--- Goal of the exercise ---
Would you give again, exactly, the lines running from the line with "after_loop w s (commit_raised" to the end of the data below, both included?

--- Records for this task ---
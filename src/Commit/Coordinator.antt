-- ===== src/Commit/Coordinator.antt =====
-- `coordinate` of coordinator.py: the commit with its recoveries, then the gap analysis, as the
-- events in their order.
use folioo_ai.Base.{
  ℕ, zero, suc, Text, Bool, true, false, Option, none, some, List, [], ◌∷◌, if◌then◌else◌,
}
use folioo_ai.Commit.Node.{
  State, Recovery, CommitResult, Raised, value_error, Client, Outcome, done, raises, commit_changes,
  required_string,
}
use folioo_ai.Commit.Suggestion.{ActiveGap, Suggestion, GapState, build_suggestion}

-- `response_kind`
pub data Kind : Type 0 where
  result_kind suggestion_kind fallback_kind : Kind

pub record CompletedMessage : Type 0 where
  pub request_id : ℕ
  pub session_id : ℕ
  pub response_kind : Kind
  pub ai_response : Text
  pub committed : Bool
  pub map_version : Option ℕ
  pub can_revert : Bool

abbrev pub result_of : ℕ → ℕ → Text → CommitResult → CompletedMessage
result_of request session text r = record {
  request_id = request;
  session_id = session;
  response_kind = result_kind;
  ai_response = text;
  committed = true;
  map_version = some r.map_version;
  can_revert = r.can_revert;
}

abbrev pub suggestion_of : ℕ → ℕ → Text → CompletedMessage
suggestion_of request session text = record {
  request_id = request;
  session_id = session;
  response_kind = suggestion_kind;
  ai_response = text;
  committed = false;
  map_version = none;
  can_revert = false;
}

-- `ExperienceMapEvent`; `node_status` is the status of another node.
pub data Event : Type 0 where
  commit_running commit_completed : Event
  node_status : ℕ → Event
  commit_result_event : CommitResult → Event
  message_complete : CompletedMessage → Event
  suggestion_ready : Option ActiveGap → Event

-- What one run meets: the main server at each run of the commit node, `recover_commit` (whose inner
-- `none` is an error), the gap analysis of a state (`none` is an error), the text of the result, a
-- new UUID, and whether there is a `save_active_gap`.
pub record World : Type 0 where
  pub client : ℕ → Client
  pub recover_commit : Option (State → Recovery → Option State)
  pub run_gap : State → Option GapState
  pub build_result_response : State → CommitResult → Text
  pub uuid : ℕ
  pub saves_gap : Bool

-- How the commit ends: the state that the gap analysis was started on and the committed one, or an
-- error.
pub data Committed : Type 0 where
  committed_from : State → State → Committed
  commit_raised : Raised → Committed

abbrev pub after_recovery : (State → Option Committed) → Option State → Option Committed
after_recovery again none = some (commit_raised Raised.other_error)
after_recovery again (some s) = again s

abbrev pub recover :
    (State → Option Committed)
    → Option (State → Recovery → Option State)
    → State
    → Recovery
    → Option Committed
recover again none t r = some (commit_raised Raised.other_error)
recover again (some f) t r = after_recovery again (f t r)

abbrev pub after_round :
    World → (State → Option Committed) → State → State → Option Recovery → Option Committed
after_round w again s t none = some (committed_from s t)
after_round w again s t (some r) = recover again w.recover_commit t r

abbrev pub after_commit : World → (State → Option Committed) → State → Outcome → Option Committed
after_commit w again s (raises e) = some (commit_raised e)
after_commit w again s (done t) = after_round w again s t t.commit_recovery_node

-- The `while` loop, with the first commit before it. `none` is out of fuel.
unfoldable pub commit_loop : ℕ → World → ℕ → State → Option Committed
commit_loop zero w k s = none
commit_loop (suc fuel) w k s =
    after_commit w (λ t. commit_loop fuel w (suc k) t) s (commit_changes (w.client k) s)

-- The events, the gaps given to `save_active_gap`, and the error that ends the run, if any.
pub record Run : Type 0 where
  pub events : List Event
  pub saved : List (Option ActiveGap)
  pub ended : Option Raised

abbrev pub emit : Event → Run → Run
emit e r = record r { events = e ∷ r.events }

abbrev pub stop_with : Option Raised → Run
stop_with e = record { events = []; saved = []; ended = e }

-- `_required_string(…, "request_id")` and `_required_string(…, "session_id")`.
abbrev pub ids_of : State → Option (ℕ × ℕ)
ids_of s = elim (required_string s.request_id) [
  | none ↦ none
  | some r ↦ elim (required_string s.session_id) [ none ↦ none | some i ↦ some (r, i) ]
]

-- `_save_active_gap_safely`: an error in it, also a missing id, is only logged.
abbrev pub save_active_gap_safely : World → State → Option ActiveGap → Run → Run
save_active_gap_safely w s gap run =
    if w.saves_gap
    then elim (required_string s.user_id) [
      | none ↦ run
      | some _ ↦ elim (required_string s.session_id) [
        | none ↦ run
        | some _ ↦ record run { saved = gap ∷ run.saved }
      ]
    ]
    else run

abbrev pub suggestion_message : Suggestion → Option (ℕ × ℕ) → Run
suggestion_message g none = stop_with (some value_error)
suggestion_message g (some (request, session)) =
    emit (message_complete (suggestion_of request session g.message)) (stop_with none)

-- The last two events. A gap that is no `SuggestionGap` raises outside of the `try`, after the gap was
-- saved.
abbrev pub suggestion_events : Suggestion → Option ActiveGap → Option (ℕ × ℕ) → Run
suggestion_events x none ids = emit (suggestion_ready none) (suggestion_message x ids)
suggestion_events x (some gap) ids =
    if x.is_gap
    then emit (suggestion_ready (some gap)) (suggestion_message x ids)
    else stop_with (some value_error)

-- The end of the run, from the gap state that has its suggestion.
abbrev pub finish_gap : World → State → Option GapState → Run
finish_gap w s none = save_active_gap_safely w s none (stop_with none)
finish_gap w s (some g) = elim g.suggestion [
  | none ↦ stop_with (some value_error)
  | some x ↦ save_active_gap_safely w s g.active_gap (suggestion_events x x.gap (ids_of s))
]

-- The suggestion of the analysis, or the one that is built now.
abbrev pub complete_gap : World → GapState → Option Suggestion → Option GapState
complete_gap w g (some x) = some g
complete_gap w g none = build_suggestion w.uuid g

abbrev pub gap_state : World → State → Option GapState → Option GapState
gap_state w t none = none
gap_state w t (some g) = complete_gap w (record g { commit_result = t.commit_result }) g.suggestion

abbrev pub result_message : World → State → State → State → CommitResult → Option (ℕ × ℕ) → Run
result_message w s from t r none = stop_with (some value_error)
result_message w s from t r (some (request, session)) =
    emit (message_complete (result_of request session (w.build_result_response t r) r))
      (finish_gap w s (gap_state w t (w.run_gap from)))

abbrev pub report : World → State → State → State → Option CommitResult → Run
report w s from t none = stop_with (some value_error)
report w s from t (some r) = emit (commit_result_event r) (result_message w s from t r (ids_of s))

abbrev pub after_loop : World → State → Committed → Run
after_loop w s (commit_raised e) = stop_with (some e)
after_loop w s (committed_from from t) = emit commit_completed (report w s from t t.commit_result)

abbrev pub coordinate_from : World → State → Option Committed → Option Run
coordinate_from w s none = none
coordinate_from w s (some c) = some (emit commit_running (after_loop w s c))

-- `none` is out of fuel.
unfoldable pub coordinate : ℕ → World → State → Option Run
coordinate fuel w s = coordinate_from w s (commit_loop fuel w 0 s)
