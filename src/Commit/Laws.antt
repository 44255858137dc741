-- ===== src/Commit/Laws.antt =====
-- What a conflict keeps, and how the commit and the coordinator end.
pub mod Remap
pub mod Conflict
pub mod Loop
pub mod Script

--- Result below ---
after_loop w s (commit_raised e) = stop_with (some e)
after_loop w s (committed_from from t) = emit commit_completed (report w s from t t.commit_result)

abbrev pub coordinate_from : World → State → Option Committed → Option Run
coordinate_from w s none = none
coordinate_from w s (some c) = some (emit commit_running (after_loop w s c))

-- `none` is out of fuel.
unfoldable pub coordinate : ℕ → World → State → Option Run
coordinate fuel w s = coordinate_from w s (commit_loop fuel w 0 s)
filename src/Commit/Laws.antt
repository 44255858137dc741
-- ===== src/Commit/Laws.antt =====
-- What a conflict keeps, and how the commit and the coordinator end.
pub mod Remap
pub mod Conflict
pub mod Loop
pub mod Script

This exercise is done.